Wednesday, April 4, 2012

High Road, Low Road

    In one scene of the movie "Game Change," which dramatizes the McCain/Palin presidential campaign of 2008, the John McCain character is campaigning  in close quarters with his audience. He has handed his microphone to a woman who declares her support for him by heaping personal invective on then-senator Barack Obama.
    The McCain character is startled and troubled. He feels he should demur. In the middle of her rant, he gently takes the microphone away from her and says (I am paraphrasing), No ma'm, he is none of those things.  He is a good and honorable man with whom I happen to disagree.
    The scene invites us to consider how far we've descended  into politics of sneer and insult.  Invective has followed Obama into the White House. And now the Republican presidential primaries have tested our collective gag reflex.
    There is precedent, alas.   The second President Bush was routinely vilified and ridiculed. In fact, the tactic of personal attack has waxed and waned throughout the country's political history. But as citizens we can only deal with the issues of our own times, and we have reached extremes we should want to correct.
   To my ear, the tone of discourse began to sour in the 1960s, with objections to the Vietnam War.  Opponents went from calling the war a terrible mistake -- which it surely was -- to calling it "immoral."  This was a short step from saying that policymakers who favored the war were themselves immoral people.The step was soon taken.

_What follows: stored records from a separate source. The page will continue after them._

-- ===== src/Threads/Kernel.antt =====
-- The threads of threading.c as items of their slab allocator.
use os_course_term.Common.{
  ℕ, ◌+◌, ◌^◌, ◌≤◌, ◌<◌, ◌≡◌, ◌≢◌, ◌⊎◌, refl, sym, ◌∙◌, arith, Bool, true, false, List, [], ◌∷◌,
  ◌++◌, has, ok, died,
}
use os_course_term.Buddy.{buddy_alloc, max_page_size}
use os_course_term.Memory.{high_base}
use os_course_term.Threading.{is_held}
use os_course_term.Threading.Switch.{list_of}
use os_course_term.Threading.Fair.{lists_of, IsScheduled}
use os_course_term.Slab.Allocator.{SlabHeap, slab_allocator_alloc}
use os_course_term.Slab.Heap.Invariant.{HeapView, is_used, IsHeap, IsStore-phys}
use os_course_term.Slab.Heap.Partial.{OutOfMemory}
use os_course_term.Slab.Heap.Alloc.{Allocates, Stays}
use os_course_term.Slab.Heap.Places.{IsItem, item_at_unique}
use os_course_term.Threads.{ThreadsState, heap_of, sizeof_thread, thread_stack_size}

abbrev pub AllItems : SlabHeap → HeapView → List ℕ → Type 0
AllItems h v [] = Unit {0}
AllItems h v (t ∷ ts) = IsItem h v t × AllItems h v ts

-- The current thread and those of the queue are scheduled, and are items of a heap in order; the head
-- of the queue is not in the memory of the heap, and no other thread holds a lock.
pub record IsKernel (s : ThreadsState) (v : HeapView) (ts : List ℕ) : Type 0 where
  pub scheduled : IsScheduled s.scheduler ts
  pub heap : IsHeap (heap_of s) v
  pub items : AllItems (heap_of s) v (s.scheduler.current_thread ∷ ts)
  pub room : sizeof_thread ≤ s.threads_alloc.layout.item_size
  pub queue :
      (s.scheduler.running_threads < high_base + s.threads_alloc.phys.first_buddy.start)
      ⊎ (high_base + s.threads_alloc.phys.first_buddy.start + max_page_size
          ≤ s.scheduler.running_threads)
  pub low : s.threads_alloc.phys.first_buddy.start + max_page_size < 2 ^ 47
  pub mgmt : is_held s.scheduler.current_thread s.scheduler.threads_mgmt_lock ≡ false
  pub valloc : is_held s.scheduler.current_thread s.threads_alloc.phys.valloc_lock ≡ false

-- There is no memory for a thread, or none for its stack.
abbrev pub NoMemory : ThreadsState → HeapView → Type 0
NoMemory s v =
    OutOfMemory (heap_of s) v
    ⊎ ((t : ℕ) × (h : SlabHeap) × (slab_allocator_alloc (heap_of s) ≡ ok t h)
        × (buddy_alloc thread_stack_size h.phys.first_buddy ≡ died))

-- The invariant does not depend on the interrupt flag.
pub IsHeap-cpu :
    (h : SlabHeap) (v : HeapView) (me : ℕ) (interrupts : Bool)
    → IsHeap h v
    → h.phys.current_thread ≡ me
    → IsHeap (record h { phys = record h.phys { current_thread = me; interrupts = interrupts } }) v
IsHeap-cpu h v me interrupts w e = record {
  store =
      IsStore-phys h v (record h.phys { current_thread = me; interrupts = interrupts }) w.store
        (record {
          pool = w.store.ready.pool;
          valid = w.store.ready.valid;
          aligned = w.store.ready.aligned;
          small = w.store.ready.small;
          mine = rw (sym e) w.store.ready.mine;
        })
        refl (λ p g b. b);
  tidy = w.tidy;
  mine = rw (sym e) w.mine;
}

-- What is handed out stays handed out.
pub AllItems-kept :
    (h h' : SlabHeap) (v v' : HeapView) (ts : List ℕ)
    → h'.layout ≡ h.layout
    → ((p id : ℕ)
        → is_used h.layout.slab_nodes v p id ≡ true
        → is_used h.layout.slab_nodes v' p id ≡ true)
    → AllItems h v ts
    → AllItems h' v' ts
AllItems-kept h h' v v' [] e kept a = tt
AllItems-kept h h' v v' (t ∷ ts) e kept (r, a) = (
  record { slab = r.slab; item = r.item; used = rw e (kept r.slab r.item r.used); at = rw e r.at },
  AllItems-kept h h' v v' ts e kept a,
)

pub AllItems-append :
    (h : SlabHeap) (v : HeapView) (ts us : List ℕ)
    → AllItems h v ts
    → AllItems h v us
    → AllItems h v (ts ++ us)
AllItems-append h v [] us a b = b
AllItems-append h v (t ∷ ts) us (r, a) b = (r, AllItems-append h v ts us a b)

module _ (h h' : SlabHeap) (v v' : HeapView) (t : ℕ) (w : IsHeap h' v') (al : Allocates h v t v')
    (st : Stays h h') where
  pub still_used :
      (p id : ℕ)
      → is_used h.layout.slab_nodes v p id ≡ true
      → is_used h.layout.slab_nodes v' p id ≡ true
  still_used p id u = al.used p id ∙ ground (arith, u)

  new_used : is_used h'.layout.slab_nodes v' al.slab al.item ≡ true
  new_used = rw st.layout (al.used al.slab al.item ∙ ground arith)

  pub new-IsItem : IsItem h' v' t
  new-IsItem = record { slab = al.slab; item = al.item; used = new_used; at = rw st.layout al.at }

  -- A new item is none of the old ones.
  new-other : (u : ℕ) → IsItem h v u → t ≢ u
  new-other u r e =
      let old : is_used h'.layout.slab_nodes v' r.slab r.item ≡ true =
        rw st.layout (still_used r.slab r.item r.used) in
      let (p, i) =
        item_at_unique h' v' w.store al.slab al.item r.slab r.item new_used old
          (rw st.layout (sym al.at ∙ e ∙ r.at)) in
      absurd (ground (arith, rw (p, i) at al.was_free, r.used))

  pub new-outside : (us : List ℕ) → AllItems h v us → has (list_of t) (lists_of us) ≡ false
  new-outside [] a = refl
  new-outside (u ∷ us) (r, a) = let other = new-other u r in ground (arith, new-outside us a)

    Easy notions are infectious.  It is seductively easy to say that people who disagree with us are deficient by virtue of their disagreement. We don't have to grapple with contending ideas. We don't have to do the work of tolerance.
    When political opinions thus become dogma, something is lost in the conversation of democracy.  Respectful disagreement is an early casualty.  Factions want their way, and they want it now, because their way is the one true way. Differing opinions are to be vanquished.  Opponents are enemies.
     It is natural for me to believe that my opinions are superior to yours. However I should not demand that you believe it, too. Nor should I expect the government to demand it of you in my behalf. The American political system is not supposed to choose a master ideology for the country. It is supposed to mediate among the varied ideologies that should be safe among us.
    This principle does not suit dogmatic politics.  They foster single-issue extremes: Witness attempts to write religious precepts into civil law on issues of abortion and gay marriage. They license officeholders to slight a duty to serve all the people:  Witness efforts by a willful Republican minority in Congress to sabotage the work of a duly elected President Obama.  (At the same time, in a particularly sharp irony, doctrinaire voices in the left wing of his own party scold the president for being less liberal than they are. In this they ignore that the American electorate is less liberal than they are.)
    Our political system is intended to permit or even force differing opinions to work together.  Dogmatic politics are impatient with the very idea, and impatience is by nature disrespectful of its object.
    Being thus ill-equipped for the better vocabulary of the system, dogmatic politics lapse into their own.The whole point of discussion is subverted. Invective does what invective always does: It camouflages a bankruptcy of useful language.  
    The politics of sneer and insult are offensive in being vulgar. They are deplorable in being empty of legitimate public purpose.